=== Begin Enclosure ===

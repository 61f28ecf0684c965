-- ===== src/Liveness/Worklist.antt =====
-- The queue of blocks of the liveness analysis: `processBlock` and the loop of `handleFunction` of
-- src/passes/LivenessAnalysisPass.hpp. Blocks are numbers; a change of what is attached to a block is a
-- new function.
pub mod Transfer
pub mod Entry
pub mod Fits
pub mod Queue
pub mod Invariant
pub mod Alive
pub mod Start
pub mod Rounds
pub mod Progress
use drob.Prelude.{
  ℕ, zero, suc, ◌==◌, if◌then◌else◌, Bool, true, false, not, ◌||◌, Option, none, some, ◌>>=◌, ◌>>◌,
  drob_assert, List, [], ◌∷◌, ◌++◌,
}
use drob.Liveness.{Mask, Instruction, LivenessData, equal_mask, zero_mask, process_instructions}

-- `SuperBlock`: the instructions, the neighbours, and the sources of the incoming edges.
pub record SuperBlock : Type 0 where
  pub instructions : List Instruction
  pub next : Option ℕ
  pub prev : Option ℕ
  pub incoming : List ℕ

-- What the analysis changes: the liveness data of blocks, those of their instructions,
-- `livenessAnalysisValid`, `queued` and `blocksToProcess`.
pub record Analysis : Type 0 where
  pub blocks : ℕ → Option LivenessData
  pub attached : ℕ → List (Option LivenessData)
  pub valid : ℕ → Bool
  pub queued : ℕ → Bool
  pub queue : List ℕ

abbrev pub update {ℓ} : {A : Type ℓ} → ℕ → A → (ℕ → A) → ℕ → A
update b v f c = if c == b then v else f c

-- The tests around `blocksToProcess.push`.
unfoldable pub push : ℕ → Analysis → Analysis
push b st =
    if st.queued b
    then st
    else record st { queued = update b true st.queued; queue = st.queue ++ b ∷ [] }

-- What `processBlock` does to the source of an edge and to the block in front.
unfoldable pub reenqueue : Bool → ℕ → Analysis → Analysis
unfolding push
reenqueue changed src st =
    let st' = if changed then record st { valid = update src false st.valid } else st in
    if st'.valid src then st' else push src st'

unfoldable pub reenqueue_all : Bool → List ℕ → Analysis → Analysis
unfolding reenqueue
reenqueue_all changed [] st = st
reenqueue_all changed (src ∷ rest) st = reenqueue_all changed rest (reenqueue changed src st)

abbrev pub old_live_in : Option LivenessData → Mask
old_live_in (some d) = d.live_in
old_live_in none = zero_mask

abbrev pub to_list : Option ℕ → List ℕ
to_list none = []
to_list (some b) = b ∷ []

abbrev pub live_data : Mask → Mask → LivenessData
live_data live_out live_in = record { live_out = live_out; live_in = live_in }

module _ (bits : ℕ) (live_ret : Mask) (graph : ℕ → SuperBlock) where
  -- "Attach empty liveness information", and `live_out`.
  abbrev pub prepared : ℕ → Mask → Analysis → ℕ → Option LivenessData
  prepared b live_out st =
      update b (some (live_data live_out (old_live_in (st.blocks b)))) st.blocks

  abbrev pub analyzed : ℕ → Mask → Analysis → List (Option LivenessData) × Mask
  analyzed b live_out st =
      process_instructions bits live_ret (prepared b live_out st) (graph b).instructions live_out

  -- `entryLiveRegsChanged`
  abbrev pub entry_changed : ℕ → Mask → Analysis → Bool
  entry_changed b live_out st =
      not (equal_mask bits (old_live_in (st.blocks b)) (analyzed b live_out st).1)

  -- "Remember the entry state", and the block is valid.
  abbrev pub remember_entry : ℕ → Mask → Analysis → Analysis
  remember_entry b live_out st =
      let r = analyzed b live_out st in
      record st {
        blocks =
            update b
              (some (
                live_data live_out
                  (if entry_changed b live_out st then r.1 else old_live_in (st.blocks b))))
              st.blocks;
        attached = update b r.0 st.attached;
        valid = update b true st.valid;
      }

  -- The part of `processBlock` behind the test of the next block.
  unfoldable pub analyze_block : ℕ → Mask → Analysis → Analysis
  unfolding reenqueue_all
  analyze_block b live_out st =
      let changed = entry_changed b live_out st in
      reenqueue_all changed (to_list (graph b).prev)
        (reenqueue_all changed (graph b).incoming (remember_entry b live_out st))

  -- The test of the next block: one without data is processed first.
  abbrev pub with_next : ℕ → ℕ → Option LivenessData → Analysis → Option Analysis
  with_next b n (some d) st = some (analyze_block b d.live_in st)
  with_next b n none st = do drob_assert (not (st.valid n)); some (push n st)

  abbrev pub from_next : ℕ → Option ℕ → Analysis → Option Analysis
  from_next b (some n) st = with_next b n (st.blocks n) st
  from_next b none st = some (analyze_block b zero_mask st)

  -- `processBlock`
  unfoldable pub process_block : ℕ → Analysis → Option Analysis
  unfolding push analyze_block
  process_block b st = do drob_assert (not (st.valid b)); from_next b (graph b).next st

  -- One round of the loop: the front of the queue is processed.
  unfoldable pub process_front : List ℕ → Analysis → (Analysis → Option Analysis) → Option Analysis
  unfolding process_block
  process_front [] st continue = some st
  process_front (b ∷ rest) st continue =
      process_block b (record st { queue = rest; queued = update b false st.queued }) >>= continue

  -- "Process all superblocks until there are no changes anymore", for `fuel` rounds.
  unfoldable pub process_queue : ℕ → Analysis → Option Analysis
  unfolding process_front
  process_queue zero st = none
  process_queue (suc fuel) st = process_front st.queue st (λ st'. process_queue fuel st')

  -- "Start with all superblocks that have return edges."
  abbrev pub enqueue_returns : List ℕ → Analysis → Analysis
  enqueue_returns [] st = st
  enqueue_returns (src ∷ rest) st =
      enqueue_returns rest
        (record st { queued = update src true st.queued; queue = st.queue ++ src ∷ [] })

  abbrev pub is_empty : List ℕ → Bool
  is_empty [] = true
  is_empty (src ∷ rest) = false

  -- `handleFunction` of a function with a specification, on the sources of its return edges: "Throw
  -- away old analysis data", and the loop.
  unfoldable pub handle_function : ℕ → List ℕ → Analysis → Option Analysis
  unfolding process_queue
  handle_function fuel return_edges st = do
    drob_assert (not (is_empty return_edges))
    process_queue fuel
        (enqueue_returns return_edges (record st { blocks = λ b. none; valid = λ b. false }))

=== End Enclosure ===

▶ **YOUR OBJECTIVE**: The answer should consist only of the lines from the line containing "enqueue_returns (src ∷" through the final line of the listing above, reproduced exactly.

▶ **SOLUTION TO THIS TASK**:
  enqueue_returns (src ∷ rest) st =
      enqueue_returns rest
        (record st { queued = update src true st.queued; queue = st.queue ++ src ∷ [] })

  abbrev pub is_empty : List ℕ → Bool
  is_empty [] = true
  is_empty (src ∷ rest) = false

  -- `handleFunction` of a function with a specification, on the sources of its return edges: "Throw
  -- away old analysis data", and the loop.
  unfoldable pub handle_function : ℕ → List ℕ → Analysis → Option Analysis
  unfolding process_queue
  handle_function fuel return_edges st = do
    drob_assert (not (is_empty return_edges))
    process_queue fuel
        (enqueue_returns return_edges (record st { blocks = λ b. none; valid = λ b. false }))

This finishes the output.